During the quarter ended June 30, 2017, we and Five Star agreed to amend the applicable management and pooling agreements for a construction, expansion and development project at a senior living community that we own and that is managed by Five Star. Our minimum return on invested capital for this specific project will increase by an amount equal to the interest rate then applicable to our borrowings under our revolving credit facility plus 2% per annum. This amount of increased minimum return will apply until 12 months after a certificate of occupancy is issued with respect to the project; thereafter, the amount of annual minimum return on invested capital will be revised to equal the amount determined pursuant to the applicable management and pooling agreements. We and Five Star also agreed that the commencement of the measurement period for determining whether the specified annual minimum return under the applicable management and pooling agreements has been achieved will be deferred until 12 months after a certificate of occupancy is issued with respect to the project.
Simultaneously with the June 2016 sale and leaseback transaction, we and Five Star terminated three of our four then existing pooling agreements and entered 10 new pooling agreements that combine our management agreements with Five Star for senior living communities that include assisted living units or SNF units. Pursuant to these management agreements and the pooling agreements, Five Star receives management fees equal to either 3% or 5% of the gross revenues realized at the applicable communities, reimbursement for its direct costs and expenses related to such communities, annual incentive fees if certain operating results at those communities are achieved and fees for its supervision of capital expenditure projects at those communities equal to 3% of amounts funded by us.

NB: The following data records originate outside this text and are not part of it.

-- ===== src/Client/Announced.antt =====
-- common/connectionmanager.cpp: what the broker was last told of each topic, and what the
-- registrations of a client stand for.
use wisp.Prelude.{
  ◌≡◌, refl, sym, inl, inr, Bool-cases, Option-cases, Bool, true, false, Option, none, some, List,
  [], ◌∷◌, ◌==◌, Bytes, bytes_eq, bytes_beq, bytes_beq_iff, if◌then◌else◌,
}
use wisp.Prelude.Map.{lookup}
use wisp.Keys
use wisp.Keys.{
  Origin, decode_subscribe_scope, encode_subscribe_scope, is_control_message, origin_eq,
  origin_beq_iff,
}
use wisp.Wire.{Envelope, make_control}
use wisp.Client.State.{
  CallbackEntry, Client, Worker, union_scope, create_subscribe_envelope, send_raw_envelope,
}
use wisp.Client.Registration.{announce}

-- The scope that a log of control messages, newest first, last gave a topic.
unfoldable pub asked_scope : List Envelope → Bytes → Option Origin
asked_scope [] t = none
asked_scope (e ∷ log) t =
    let earlier = asked_scope log t in
    if e.header.topic == t
    then if e.header.handler_key == Keys.subscribe
      then some (decode_subscribe_scope e.payload)
      else if e.header.handler_key == Keys.unsubscribe
      then none
      else earlier
    else earlier

-- The scope that a topic's callbacks need, as the broker reads it.
abbrev pub needed : List CallbackEntry → Origin
needed callbacks = decode_subscribe_scope (encode_subscribe_scope (union_scope callbacks))

-- The worker's control lane takes every message.
abbrev pub TakesControl : Worker → Type 0
TakesControl w = (log : List Envelope) → w.takes_control log ≡ true

-- A topic without callbacks is not asked for; one with callbacks is, while the client is online,
-- with the scope that the callbacks need.
abbrev pub TopicInStep : Bool → Option (List CallbackEntry) → Option Origin → Type 0
TopicInStep online none scope = scope ≡ none
TopicInStep online (some callbacks) scope = online ≡ true → scope ≡ some (needed callbacks)

abbrev pub InStep : Client → Type 0
InStep c = (t : Bytes) → TopicInStep c.is_connected (lookup t c.handlers) (asked_scope c.control t)

create_subscribe_envelope-header :
    (c : Client) (key : Bytes)
    → (create_subscribe_envelope c key).header
      ≡ (make_control Keys.subscribe c.client_id key).header
unfolding create_subscribe_envelope
create_subscribe_envelope-header c key = elim (Option-cases (lookup key c.handlers)) [
  | inl e ↦ rw (e, create_subscribe_envelope) refl
  | inr (hs, e) ↦ rw (e, create_subscribe_envelope) refl
]

create_subscribe_envelope-payload :
    (c : Client) (key : Bytes) (callbacks : List CallbackEntry)
    → lookup key c.handlers ≡ some callbacks
    → (create_subscribe_envelope c key).payload ≡ encode_subscribe_scope (union_scope callbacks)
unfolding create_subscribe_envelope
create_subscribe_envelope-payload c key callbacks e = rw (e, create_subscribe_envelope) refl

module _ (w : Worker) (all : TakesControl w) where
  -- A control message is written to the log, and nothing else changes.
  pub send_raw_envelope-control :
      (c : Client) (e : Envelope)
      → is_control_message e.header.handler_key ≡ true
      → (send_raw_envelope w c e).0 ≡ record c { control = e ∷ c.control }
  unfolding send_raw_envelope
  send_raw_envelope-control c e h = rw (h, all c.control) refl

  announce_lem :
      (c : Client) (key : Bytes)
      → announce w c key ≡ record c { control = create_subscribe_envelope c key ∷ c.control }
  unfolding announce is_control_message bytes_beq
  announce_lem c key =
      send_raw_envelope-control c (create_subscribe_envelope c key)
        (rw (create_subscribe_envelope-header c key) refl)

  pub announce-handlers : (c : Client) (key : Bytes) → (announce w c key).handlers ≡ c.handlers
  announce-handlers c key = rw (announce_lem c key) refl

  pub announce-is_connected :
      (c : Client) (key : Bytes) → (announce w c key).is_connected ≡ c.is_connected
  announce-is_connected c key = rw (announce_lem c key) refl

  pub asked_scope-announce :
      (c : Client) (key t : Bytes) (callbacks : List CallbackEntry)
      → lookup key c.handlers ≡ some callbacks
      → asked_scope (announce w c key).control t
        ≡ (if key == t then some (needed callbacks) else asked_scope c.control t)
  unfolding asked_scope bytes_beq
  asked_scope-announce c key t callbacks e =
      rw
        (
          announce_lem c key,
          create_subscribe_envelope-header c key,
          create_subscribe_envelope-payload c key callbacks e,
        )
        refl

  -- The topic that is announced is in step, and every other stays so.
  pub announce-TopicInStep :
      (c : Client) (key : Bytes) (hs : List CallbackEntry) (t : Bytes)
      → ((key == t) ≡ false
          → TopicInStep c.is_connected (lookup t c.handlers) (asked_scope c.control t))
      → lookup key c.handlers ≡ some hs
      → TopicInStep
          (announce w c key).is_connected
          (lookup t (announce w c key).handlers)
          (asked_scope (announce w c key).control t)
  announce-TopicInStep c key hs t s e =
      rw (announce-handlers c key, announce-is_connected c key, asked_scope-announce c key t hs e)
        (elim (Bool-cases (key == t)) [
          | inl same ↦ rw (same, sym ((bytes_beq_iff key t).0 same), e) (λ _. refl)
          | inr other ↦ rw other (s other)
        ])
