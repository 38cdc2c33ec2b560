-- ===== src/Prelude/Sorted.antt =====
-- `std::map`'s order of keys, and sums over its values.
use Prim.Native.Nat.{ℕ, ◌+◌}
use mathlib.Core.Path.{◌≡◌, refl}
use mathlib.Core.Bool.{true}
use mathlib.Core.Option.{Option, none, some}
use mathlib.Core.List.{[], ◌∷◌}
use native.Mathlib.Omega.{arith}
use wisp.Prelude.ByteString.{Bytes, bytes_eq, bytes_beq_iff, before, before_total, before_asymm}
use wisp.Prelude.Map.{Map, lookup, insert_ordered, erase}

before_trans : (a b c : Bytes) → before a b ≡ true → before b c ≡ true → before a c ≡ true
unfolding before
before_trans [] b [] h k = ground arith
before_trans [] b (z ∷ zs) h k = refl
before_trans (x ∷ xs) [] c h k = cc
before_trans (x ∷ xs) (y ∷ ys) [] h k = cc
before_trans (x ∷ xs) (y ∷ ys) (z ∷ zs) h k = ground (arith, before_trans xs ys zs)

module _ {ℓ} {V : Type ℓ} where
  -- Every key stands behind this one.
  abbrev pub Above : Bytes → Map V → Type 0
  Above k [] = Unit {0}
  Above k ((j, v) ∷ m) = (before k j ≡ true) × Above k m

  abbrev pub Ordered : Map V → Type 0
  Ordered [] = Unit {0}
  Ordered ((k, v) ∷ m) = Above k m × Ordered m

  Above-trans : (k j : Bytes) (m : Map V) → before k j ≡ true → Above j m → Above k m
  Above-trans k j [] h a = tt
  Above-trans k j ((i, v) ∷ m) h a = (before_trans k j i h a.0, Above-trans k j m h a.1)

  insert_ordered-Above :
      (j k : Bytes) (v : V) (m : Map V)
      → before j k ≡ true
      → Above j m
      → Above j (insert_ordered k v m)
  unfolding insert_ordered
  insert_ordered-Above j k v [] h a = (h, tt)
  insert_ordered-Above j k v ((i, w) ∷ m) h a =
      ground (arith, insert_ordered-Above j k v m, bytes_beq_iff i k)

  pub insert_ordered-Ordered :
      (k : Bytes) (v : V) (m : Map V) → Ordered m → Ordered (insert_ordered k v m)
  unfolding insert_ordered
  insert_ordered-Ordered k v [] o = (tt, tt)
  insert_ordered-Ordered k v ((j, w) ∷ m) o = ground (
    arith,
    insert_ordered-Ordered k v m,
    insert_ordered-Above j k v m,
    bytes_beq_iff j k,
    before_total j k,
    Above-trans k j m,
  )

  erase-Above : (j k : Bytes) (m : Map V) → Above j m → Above j (erase k m)
  unfolding erase
  erase-Above j k [] a = tt
  erase-Above j k ((i, w) ∷ m) a = ground (arith, erase-Above j k m)

  pub erase-Ordered : (k : Bytes) (m : Map V) → Ordered m → Ordered (erase k m)
  unfolding erase
  erase-Ordered k [] o = tt
  erase-Ordered k ((j, w) ∷ m) o = ground (arith, erase-Ordered k m, erase-Above j k m)

  lookup-Above : (k : Bytes) (m : Map V) → Above k m → lookup k m ≡ none
  unfolding lookup
  lookup-Above k [] a = refl
  lookup-Above k ((j, w) ∷ m) a =
      ground (arith, lookup-Above k m, bytes_beq_iff j k, before_asymm k j)

  module _ (f : V → ℕ) where
    abbrev pub total : Map V → ℕ
    total [] = 0
    total ((k, v) ∷ m) = f v + total m

    abbrev pub at : Option V → ℕ
    at none = 0
    at (some v) = f v

    pub total-insert_ordered :
        (k : Bytes) (v : V) (m : Map V)
        → Ordered m
        → total (insert_ordered k v m) + at (lookup k m) ≡ total m + f v
    unfolding insert_ordered lookup
    total-insert_ordered k v [] o = ground arith
    total-insert_ordered k v ((j, w) ∷ m) o =
        ground (arith, total-insert_ordered k v m o.1, lookup-Above k m, Above-trans k j m)

    pub total-erase :
        (k : Bytes) (m : Map V) → Ordered m → total (erase k m) + at (lookup k m) ≡ total m
    unfolding erase lookup
    total-erase k [] o = ground arith
    total-erase k ((j, w) ∷ m) o =
        ground (arith, total-erase k m o.1, lookup-Above j m o.0, bytes_beq_iff j k)
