-- ===== src/Client/Told.antt =====
-- common/connectionmanager.cpp: what the broker was told of a client's topics, after the
-- registrations, unregistrations and changes of the connection that a client goes through.
use wisp.Prelude.{
  ◌≡◌, refl, sym, subst, ◌∙◌, inl, inr, Bool-cases, Option-cases, Bool, true, false, not, ◌&&◌,
  Option, none, some, List, [], ◌∷◌, ◌++◌, ◌==◌, Bytes, bytes_eq, bytes_beq, bytes_beq_iff, arith,
  if_both, ℕ, is_some,
}
use mathlib.Core.Option
use wisp.Prelude.Map.{
  Map, lookup, keys, insert_ordered, erase, lookup-insert_ordered, lookup-erase, contains,
}
use wisp.Keys
use wisp.Keys.{Origin, is_control_message, origin_eq, origin_beq_iff}
use wisp.Wire.{Envelope}
use wisp.Interest.Asked.{in_list, in_list-keys}
use wisp.Client.State.{
  CallbackEntry, Client, Worker, union_scope, create_control_envelope, send_raw_envelope, start,
  learn_broker_id,
}
use wisp.Client.Registration.{
  callbacks_at, with_callback, announce, withdraw, narrow, settle, announce_each,
  perform_registration, perform_unregistration, resubscribe_all, on_status, without_instance,
  uncount_scoped,
}
use wisp.Client.Announced.{
  asked_scope, needed, TakesControl, TopicInStep, InStep, send_raw_envelope-control,
  announce-TopicInStep, announce-handlers,
}

module _ (w : Worker) (all : TakesControl w) where
  perform_registration-InStep :
      (c : Client) (key : Bytes) (entry : CallbackEntry)
      → InStep c
      → InStep (perform_registration w c key entry)
  unfolding perform_registration with_callback
  perform_registration-InStep c key entry s =
      if_both InStep c.is_connected _ _
        (λ on t.
          announce-TopicInStep w all registered key next t
            (λ other. rw (lookup-insert_ordered key t next c.handlers, other) (s t))
            (rw (lookup-insert_ordered key key next c.handlers)
              (ground (arith, bytes_beq_iff key key))))
        (λ off t. rw (lookup-insert_ordered key t next c.handlers) (elim (Bool-cases (key == t)) [
          | inl same ↦ rw same (λ on. ground (arith, on, off))
          | inr other ↦ rw other (s t)
        ]))
    where
      next : List CallbackEntry
      next = callbacks_at c key ++ entry ∷ []

      registered : Client
      registered = with_callback c key entry

  withdraw-InStep : (c : Client) (key : Bytes) → InStep c → InStep (withdraw w c key)
  unfolding withdraw is_control_message bytes_beq asked_scope
  withdraw-InStep c key s t =
      rw
        (
          send_raw_envelope-control w all (record c { handlers = erase key c.handlers })
              (create_control_envelope c Keys.unsubscribe key) refl,
          lookup-erase key t c.handlers,
        )
        (elim (Bool-cases (key == t)) [ inl same ↦ rw same refl | inr other ↦ rw other (s t) ])

  narrow-InStep :
      (c : Client) (key : Bytes) (callbacks next : List CallbackEntry)
      → InStep c
      → lookup key c.handlers ≡ some callbacks
      → InStep (narrow w c key (union_scope callbacks) next)
  unfolding narrow
  narrow-InStep c key callbacks next s e =
      if_both InStep (c.is_connected && not (union_scope next == union_scope callbacks)) _ _
        (λ on t.
          announce-TopicInStep w all (record c { handlers = insert_ordered key next c.handlers })
            key next t (λ other. rw (lookup-insert_ordered key t next c.handlers, other) (s t))
            (rw (lookup-insert_ordered key key next c.handlers)
              (ground (arith, bytes_beq_iff key key))))
        (λ off t. rw (lookup-insert_ordered key t next c.handlers) (elim (Bool-cases (key == t)) [
          | inl same ↦ rw same (λ on.
              unmoved (λ t'. asked_scope c.control t') (same_topic t same)
                (ground (arith, off, on, origin_beq_iff (union_scope next) (union_scope callbacks)))
                (subst (λ o. TopicInStep c.is_connected o (asked_scope c.control key)) e (s key)
                  on))
          | inr other ↦ rw other (s t)
        ]))
    where
      same_topic : (t : Bytes) → (key == t) ≡ true → key ≡ t
      same_topic t h = (bytes_beq_iff key t).0 h

      unmoved :
          (f : Bytes → Option Origin) {t : Bytes}
          → key ≡ t
          → union_scope next ≡ union_scope callbacks
          → f key ≡ some (needed callbacks)
          → f t ≡ some (needed next)
      unmoved f p u h = rw (sym p, u) h

  settle-InStep :
      (c : Client) (key : Bytes) (callbacks next : List CallbackEntry)
      → InStep c
      → lookup key c.handlers ≡ some callbacks
      → InStep (settle w c key (union_scope callbacks) next)
  unfolding settle
  settle-InStep c key callbacks [] s e = withdraw-InStep c key s
  settle-InStep c key callbacks (entry ∷ next) s e =
      narrow-InStep c key callbacks (entry ∷ next) s e

  perform_unregistration-InStep :
      (c : Client) (key : Bytes) (instance_key : ℕ)
      → InStep c
      → InStep (perform_unregistration w c key instance_key)
  unfolding perform_unregistration
  perform_unregistration-InStep c key instance_key s = elim (Option-cases (lookup key c.handlers)) [
    | inl e ↦ rw (e, perform_unregistration) s
    | inr (hs, e) ↦
        rw (e, perform_unregistration)
          (settle-InStep
            (record c { scoped_handlers = uncount_scoped instance_key hs c.scoped_handlers }) key hs
            (without_instance instance_key hs) s e)
  ]

  -- What is still to be announced may be out of step.
  announce_each-InStep :
      (topics : List Bytes) (c : Client)
      → ((t : Bytes) → in_list t topics ≡ true → is_some (lookup t c.handlers) ≡ true)
      → ((t : Bytes)
          → in_list t topics ≡ false
          → TopicInStep c.is_connected (lookup t c.handlers) (asked_scope c.control t))
      → InStep (announce_each w topics c)
  unfolding announce_each in_list
  announce_each-InStep [] c known s = λ t. s t refl
  announce_each-InStep (x ∷ topics) c known s = elim (Option-cases (lookup x c.handlers)) [
    | inl e ↦ absurd (ground (arith, e, known x, bytes_beq_iff x x))
    | inr (hs, e) ↦
        announce_each-InStep topics (announce w c x)
          (λ t h. rw (announce-handlers w all c x) (known t (ground (arith, h))))
          (λ t h. announce-TopicInStep w all c x hs t (λ other. s t (rw other h)) e)
  ]

  resubscribe_all-InStep :
      (c : Client)
      → ((t : Bytes) → lookup t c.handlers ≡ none → asked_scope c.control t ≡ none)
      → InStep (resubscribe_all w c)
  unfolding resubscribe_all contains
  resubscribe_all-InStep c s =
      announce_each-InStep (keys c.handlers) c
        (λ t h. sym (contains_lem t c.handlers) ∙ sym (in_list-keys t c.handlers) ∙ h)
        (λ t h. forgotten t (sym (contains_lem t c.handlers) ∙ sym (in_list-keys t c.handlers) ∙ h))
    where
      contains_lem :
          (t : Bytes) (m : Map (List CallbackEntry)) → contains t m ≡ is_some (lookup t m)
      contains_lem t m = refl

      forgotten :
          (t : Bytes)
          → is_some (lookup t c.handlers) ≡ false
          → TopicInStep c.is_connected (lookup t c.handlers) (asked_scope c.control t)
      forgotten t h = elim (Option-cases (lookup t c.handlers)) [
        | inl e ↦ rw e (s t e)
        | inr (hs, e) ↦ absurd (ground (arith, e, h))
      ]

  withdrawn :
      (c : Client) (t : Bytes)
      → InStep c
      → lookup t c.handlers ≡ none
      → asked_scope c.control t ≡ none
  withdrawn c t s e = subst (λ o. TopicInStep c.is_connected o (asked_scope c.control t)) e (s t)

  on_status-InStep : (c : Client) (online : Bool) → InStep c → InStep (on_status w c online)
  unfolding on_status is_control_message bytes_beq asked_scope
  on_status-InStep c online s =
      if_both InStep online _ _
        (λ on. resubscribe_all-InStep (send_raw_envelope w noted hello).0 (
          rw (send_raw_envelope-control w all noted hello refl)
            (λ t e. ground (arith, withdrawn c t s e))))
        (λ off t. elim (Option-cases (lookup t c.handlers)) [
          | inl e ↦ rw e (withdrawn c t s e)
          | inr (hs, e) ↦ rw e (λ on. ground (arith, on, off))
        ])
    where
      noted : Client
      noted = record c { is_connected = online }

      hello : Envelope
      hello = create_control_envelope noted Keys.connect []

  publish-InStep :
      (c : Client) (e : Envelope)
      → (e.header.handler_key == Keys.subscribe) ≡ false
      → (e.header.handler_key == Keys.unsubscribe) ≡ false
      → InStep c
      → InStep (send_raw_envelope w c e).0
  unfolding send_raw_envelope asked_scope
  publish-InStep c e h k s =
      if_both (λ (p : Client × Bool). InStep p.0) (is_control_message e.header.handler_key) _ _
        (λ control.
          if_both (λ (p : Client × Bool). InStep p.0) (w.takes_control c.control) _ _
            (λ on t.
              rw (h, k)
                (if_both (λ scope. TopicInStep c.is_connected (lookup t c.handlers) scope)
                  (e.header.topic == t) _ _ (λ same. s t) (λ other. s t)))
            (λ off. s))
        (λ data'.
          if_both (λ (p : Client × Bool). InStep p.0) (w.takes_data c.published) _ _ (λ on. s)
            (λ off. s))

-- What happens to a client: callbacks come and go, the connection goes up and down, the broker asks
-- for everything anew, a message that is no subscription is sent, a request is at hand or not, and the
-- worker learns the broker's name from its heartbeat acks and resets, `noteBrokerId`.
pub data Step (w : Worker) : Client → Client → Type 0 where
  registers :
      {c : Client} (key : Bytes) (entry : CallbackEntry)
      → Step w c (perform_registration w c key entry)
  unregisters :
      {c : Client} (key : Bytes) (instance_key : ℕ)
      → Step w c (perform_unregistration w c key instance_key)
  turns : {c : Client} (online : Bool) → Step w c (on_status w c online)
  resets : {c : Client} → Step w c (resubscribe_all w c)
  publishes :
      {c : Client} (e : Envelope)
      → (e.header.handler_key == Keys.subscribe) ≡ false
      → (e.header.handler_key == Keys.unsubscribe) ≡ false
      → Step w c (send_raw_envelope w c e).0
  attends :
      {c : Client} (reply_topic : Bytes) → Step w c (record c { current_reply_topic = reply_topic })
  learns : {c : Client} (broker_id : Bytes) → Step w c (learn_broker_id c broker_id)

pub data Steps (w : Worker) : Client → Client → Type 0 where
  still : {c : Client} → Steps w c c
  step : {a b c : Client} → Step w a b → Steps w b c → Steps w a c

Step-InStep : (w : Worker) (all : TakesControl w) {a b : Client} → Step w a b → InStep a → InStep b
unfolding learn_broker_id
Step-InStep w all (Step.registers {c} key entry) s = perform_registration-InStep w all c key entry s
Step-InStep w all (Step.unregisters {c} key instance_key) s =
    perform_unregistration-InStep w all c key instance_key s
Step-InStep w all (Step.turns {c} online) s = on_status-InStep w all c online s
Step-InStep w all (Step.resets {c}) s =
    resubscribe_all-InStep w all c (λ t e. withdrawn w all c t s e)
Step-InStep w all (Step.publishes {c} e h k) s = publish-InStep w all c e h k s
Step-InStep w all (Step.attends {c} t) s = s
Step-InStep w all (Step.learns {c} broker_id) s =
    if_both InStep (broker_id == []) _ _ (λ nameless. s) (λ named. s)

Steps-InStep :
    (w : Worker) (all : TakesControl w) {a b : Client} → Steps w a b → InStep a → InStep b
Steps-InStep w all Steps.still s = s
Steps-InStep w all (Steps.step one more) s = Steps-InStep w all more (Step-InStep w all one s)

-- While the worker takes its control messages, whatever a new client goes through: once it is
-- online, the broker was last told to subscribe it to each topic that has callbacks, with the scope
-- that those callbacks need, and was told to drop every other topic or never told of it.
pub told :
    (w : Worker) (configured fresh_uuid : Bytes) (c : Client) (t : Bytes)
    → TakesControl w
    → Steps w (start configured fresh_uuid) c
    → c.is_connected ≡ true
    → asked_scope c.control t ≡ Option.map needed (lookup t c.handlers)
unfolding asked_scope lookup
told w configured fresh_uuid c t all steps on = elim (Option-cases (lookup t c.handlers)) [
  | inl e ↦ rw e (withdrawn w all c t now e)
  | inr (hs, e) ↦
      rw e (subst (λ o. TopicInStep c.is_connected o (asked_scope c.control t)) e (now t) on)
]
  where
    now : InStep c
    now = Steps-InStep w all steps (λ s. refl)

Under the pooling agreements, the calculations of Five Star's fees and of our annual minimum returns related to management agreements that include assisted living units that became effective before May 2015 and had been pooled under one of the previously existing pooling agreements are generally the same as they were under the previously existing pooling agreements. However, for certain communities, the pooling agreements reduced our annual minimum returns, and, with respect to 10 communities, reset the annual minimum returns we receive before Five Star is paid incentive fees to specified amounts. For those management agreements that include assisted living units that became effective from and after May 2015, the pooling agreements increased the management fees Five Star receives from 3% to 5% of the gross revenues realized at the applicable communities, and changed the potential annual incentive fees from 35% to 20% of the annual net operating income, or NOI, of the applicable communities remaining after we realize our requisite annual minimum returns.